5. When the second snapshot is complete, start the mysql process on the slave01 server. Check replication and confirm that it comes back in sync with the master. The slave01 is now back to a functional status.
6. In AWS, right click on the slave01-mysql-snap-2 snapshot and select “Create volume from snapshot”. Name the new volume something like slave02-mysql.
Another great feature of EBS snapshots is “lazy loading” as described here:
New volumes created from existing Amazon S3 snapshots load lazily in the background. This means that once a volume is created from a snapshot, there is no need to wait for all of the data to transfer from Amazon S3 to your Amazon EBS volume before your attached instance can start accessing the volume and all of its data. If your instance accesses a piece of data which hasn’t yet been loaded, the volume will immediately download the requested data from Amazon S3, and then will continue loading the rest of the volume’s data in the background.
This means that we can proceed with the new slave setup without waiting for the new volume to be loaded … instead it will load as needed.

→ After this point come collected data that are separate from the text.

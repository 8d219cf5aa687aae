-- ===== src/Host/Fresh.antt =====
-- The peers of a host that `enet_host_create` of original/host.c has made.
use enet_rs.Prelude.{
  ℕ, zero, suc, ◌+◌, ◌<◌, ◌≤◌, ◌≡◌, refl, sym, ◌∙◌, subst, false, length, length-replicate,
  length-set, get_or-set_self, get_or-set_ne, Bool-cases, inl, inr, ltb, ◌==◌, arith,
}
use enet_rs.Protocol.{maximum_peer_id}
use enet_rs.Packet.{Memory}
use enet_rs.State.{Peer, Conn, disconnected}
use enet_rs.World.{World, zero_peer, get_peer, focus, put_back}
use enet_rs.Peer.Reset.{reset_fields, reset_queues, leave_dispatch_queue, peer_reset}
use enet_rs.Host.{prepare_peer, prepare_peers, host_create}
use enet_rs.Standing.Hosts.{Made, not_made, made}

-- The peer at the place of this number, as nothing has used it yet.
pub record IsFresh (id : ℕ) (p : Peer) : Type 0 where
  pub place : p.incoming_peer_id ≡ id
  pub state : p.state ≡ disconnected
  pub unknown : p.outgoing_peer_id ≡ maximum_peer_id
  pub outgoing_session : p.outgoing_session_id ≡ 0xff
  pub incoming_session : p.incoming_session_id ≡ 0xff
  pub no_dispatch : p.needs_dispatch ≡ false

pub record AllFresh (n : ℕ) (w : World) : Type 0 where
  pub count : length w.peers ≡ n
  pub few : n ≤ maximum_peer_id
  pub fresh : (i : ℕ) → i < n → IsFresh i (get_peer w i)

peer_reset-IsFresh :
    (id : ℕ) (c : Conn) → IsFresh id (peer_reset (record c { peer = prepare_peer id c.peer })).peer
unfolding peer_reset reset_fields reset_queues leave_dispatch_queue
peer_reset-IsFresh id c = record {
  place = refl;
  state = refl;
  unknown = refl;
  outgoing_session = refl;
  incoming_session = refl;
  no_dispatch = refl;
}

put_back-IsFresh :
    (w : World) (id i : ℕ) (c : Conn)
    → id < length w.peers
    → IsFresh id c.peer
    → (i < id → IsFresh i (get_peer w i))
    → i < id + 1
    → IsFresh i (get_peer (put_back w id c) i)
put_back-IsFresh w id i c h f old l = elim (Bool-cases (id == i)) [
  | inl e ↦
      let same : id ≡ i = ground arith in
      subst (λ j. IsFresh j (get_peer (put_back w id c) j)) same
        (subst (IsFresh id) (sym (get_or-set_self w.peers id c.peer zero_peer h)) f)
  | inr n ↦
      subst (IsFresh i) (sym (get_or-set_ne w.peers id i c.peer zero_peer (ground arith)))
        (old (ground arith))
]

prepare_peers-length :
    (left id : ℕ) (w : World) → length (prepare_peers left id w).peers ≡ length w.peers
unfolding prepare_peers
prepare_peers-length zero id w = refl
prepare_peers-length (suc left) id w =
    prepare_peers-length left (id + 1) _ ∙ length-set w.peers id _

prepare_peers-IsFresh :
    (left id : ℕ) (w : World)
    → length w.peers ≡ id + left
    → ((i : ℕ) → i < id → IsFresh i (get_peer w i))
    → (i : ℕ) → i < id + left
    → IsFresh i (get_peer (prepare_peers left id w) i)
unfolding prepare_peers
prepare_peers-IsFresh zero id w n old i h = old i (omega (arith, h))
prepare_peers-IsFresh (suc left) id w n old i h =
    let c = peer_reset (record (focus w id) { peer = prepare_peer id (get_peer w id) }) in
    prepare_peers-IsFresh left (id + 1) (put_back w id c)
      (omega (arith, n, length-set w.peers id c.peer))
      (λ j l.
        put_back-IsFresh w id j c (omega (arith, n)) (peer_reset-IsFresh id (focus w id)) (old j) l)
      i (omega (arith, h))

-- A host that `enet_host_create` makes has as many peers as it was asked for, at most 4095, and each of
-- them has its place in the array as its id, is disconnected, does not know its id at the other side,
-- has both session ids at 255, and is not marked for dispatch.
pub host_create-AllFresh :
    (seed : ℕ) (m : Memory) (peer_count channel_limit incoming outgoing : ℕ)
    → Made (AllFresh peer_count) (host_create seed m peer_count channel_limit incoming outgoing)
unfolding host_create
host_create-AllFresh seed m peer_count channel_limit incoming outgoing =
    elim (Bool-cases (ltb maximum_peer_id peer_count)) [
      | inl e ↦ rw e not_made
      | inr e ↦ rw e (
          made _ (record {
            count = prepare_peers-length peer_count 0 _ ∙ length-replicate peer_count zero_peer;
            few = ground arith;
            fresh = λ i h.
                prepare_peers-IsFresh peer_count 0 _
                  (omega (arith, length-replicate peer_count zero_peer))
                  (λ j l. absurd (omega arith)) i (omega (arith, h));
          }))
    ]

7. In AWS, right click on the newly created volume and attach it to the new slave02 instance.
8. Login to the slave02 instance, confirm that mysql is stopped and mount the new volume.
9. Edit /etc/my.conf and add “skip-slave-start” to the “[mysqld]” section.

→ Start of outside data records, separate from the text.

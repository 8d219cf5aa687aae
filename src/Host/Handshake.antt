-- ===== src/Host/Handshake.antt =====
-- Both sides of the handshake: the CONNECT of `enet_host_connect` of original/host.c, the answer of
-- `enet_protocol_handle_connect` and the check of `enet_protocol_handle_verify_connect` of
-- original/protocol.c.
use enet_rs.Prelude.{ℕ, ◌≤◌, ◌≡◌, refl, false, arith}
use enet_rs.Protocol.{
  Connect, VerifyConnect, minimum_mtu, maximum_mtu, minimum_channel_count, maximum_channel_count,
}
use enet_rs.State.{Address, Peer, Host}
use enet_rs.Handle.Connect.{set_up_peer, verify_data}
use enet_rs.Handle.Verify.{lower, clamp_mtu, is_mismatch, adopt}
use enet_rs.Host.{connecting_peer, connect_data}

-- The two ends of a connection agree.
pub record Agrees (client server : Peer) : Type 0 where
  pub connect_id : client.connect_id ≡ server.connect_id
  pub mtu : client.mtu ≡ server.mtu
  pub channel_count : client.channel_count ≡ server.channel_count
  pub to_server : client.outgoing_peer_id ≡ server.incoming_peer_id
  pub to_client : server.outgoing_peer_id ≡ client.incoming_peer_id
  pub from_server : client.incoming_session_id ≡ server.outgoing_session_id
  pub from_client : client.outgoing_session_id ≡ server.incoming_session_id

-- A host whose MTU and channel limit are in the protocol's range.
pub record IsInRange (h : Host) : Type 0 where
  pub mtu_least : minimum_mtu ≤ h.mtu
  pub mtu_most : h.mtu ≤ maximum_mtu
  pub channels_least : minimum_channel_count ≤ h.channel_limit
  pub channels_most : h.channel_limit ≤ maximum_channel_count

module _ (address : Address) (channel_count connect_id code : ℕ) (client server : Host)
    (p q : Peer) where
  -- The peer of `enet_host_connect`, its question, the peer of the server, and its answer.
  abbrev pub asking : Peer
  asking = connecting_peer address channel_count connect_id client p

  abbrev pub question : Connect
  question = connect_data code client asking

  abbrev pub answering : Peer
  answering = set_up_peer server question (lower server.channel_limit question.channel_count) q

  abbrev pub answer : VerifyConnect
  answer = verify_data server question answering

-- The channel counts and the MTUs of the two sides, as numbers.
lower-channels : (limit n : ℕ) → lower (lower limit n) n ≡ lower limit n
lower-channels limit n = ground arith

lower-mtu :
    (m n : ℕ)
    → minimum_mtu ≤ m
    → m ≤ maximum_mtu
    → minimum_mtu ≤ n
    → n ≤ maximum_mtu
    → lower (clamp_mtu (lower (clamp_mtu m) n)) m ≡ lower (clamp_mtu m) n
unfolding clamp_mtu
lower-mtu m n a b c d = ground arith

-- A connection that `enet_host_connect` asks for with 1 to 255 channels, between two hosts whose MTU and
-- channel limit are in the protocol's range, comes about: the client does not find the server's answer
-- amiss, and what it takes over from it makes the two peers agree on the connection's id, the MTU, the
-- number of channels, each other's ids, and the session ids of the two directions.
pub handshake :
    (address : Address) (channel_count connect_id code : ℕ) (client server : Host) (p q : Peer)
    → minimum_channel_count ≤ channel_count
    → channel_count ≤ maximum_channel_count
    → IsInRange client
    → IsInRange server
    → (is_mismatch
          (answer address channel_count connect_id code client server p q)
          (asking address channel_count connect_id code client server p q)
        ≡ false)
      × Agrees
          (adopt
            (answer address channel_count connect_id code client server p q)
            (asking address channel_count connect_id code client server p q))
          (answering address channel_count connect_id code client server p q)
unfolding connecting_peer set_up_peer adopt is_mismatch
handshake address channel_count connect_id code client server p q least most c s = (
  (let a = c.channels_least in let b = s.channels_least in let d = s.channels_most in ground arith),
  record {
    connect_id = refl;
    mtu = lower-mtu client.mtu server.mtu c.mtu_least c.mtu_most s.mtu_least s.mtu_most;
    channel_count = lower-channels server.channel_limit channel_count;
    to_server = refl;
    to_client = refl;
    from_server = refl;
    from_client = refl;
  },
)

10. In the mysql data directory (/var/lib/mysql by default), remove the following files:
- master.info
- relay logs (mysqld-relay-bin.*)
- relay-log.info
11. Start mysql server
12. Set replication config:
1 2 3 4 5 |
mysql> change master to master_host='YOUR_MASTER_HOST', master_user='YOUR_REPLICATION_USER', master_password='YOUR_REPLICATION_PASS', master_log_file='bin-log.001998', master_log_pos=564896522; |
13. Now start replication:
1 |
mysql> slave start; |
It may take a few minutes or more for replication on the new slave to catch up with the master. This is due to the “lazy load” on the volume created from the snapshot and the need to process the logs from the master.
Once the new slave catches up with the master then the task is complete and you have a new slave. This procedure can work with very large databases. There is no downtime on the master for this process. The existing slave is down for only a short period.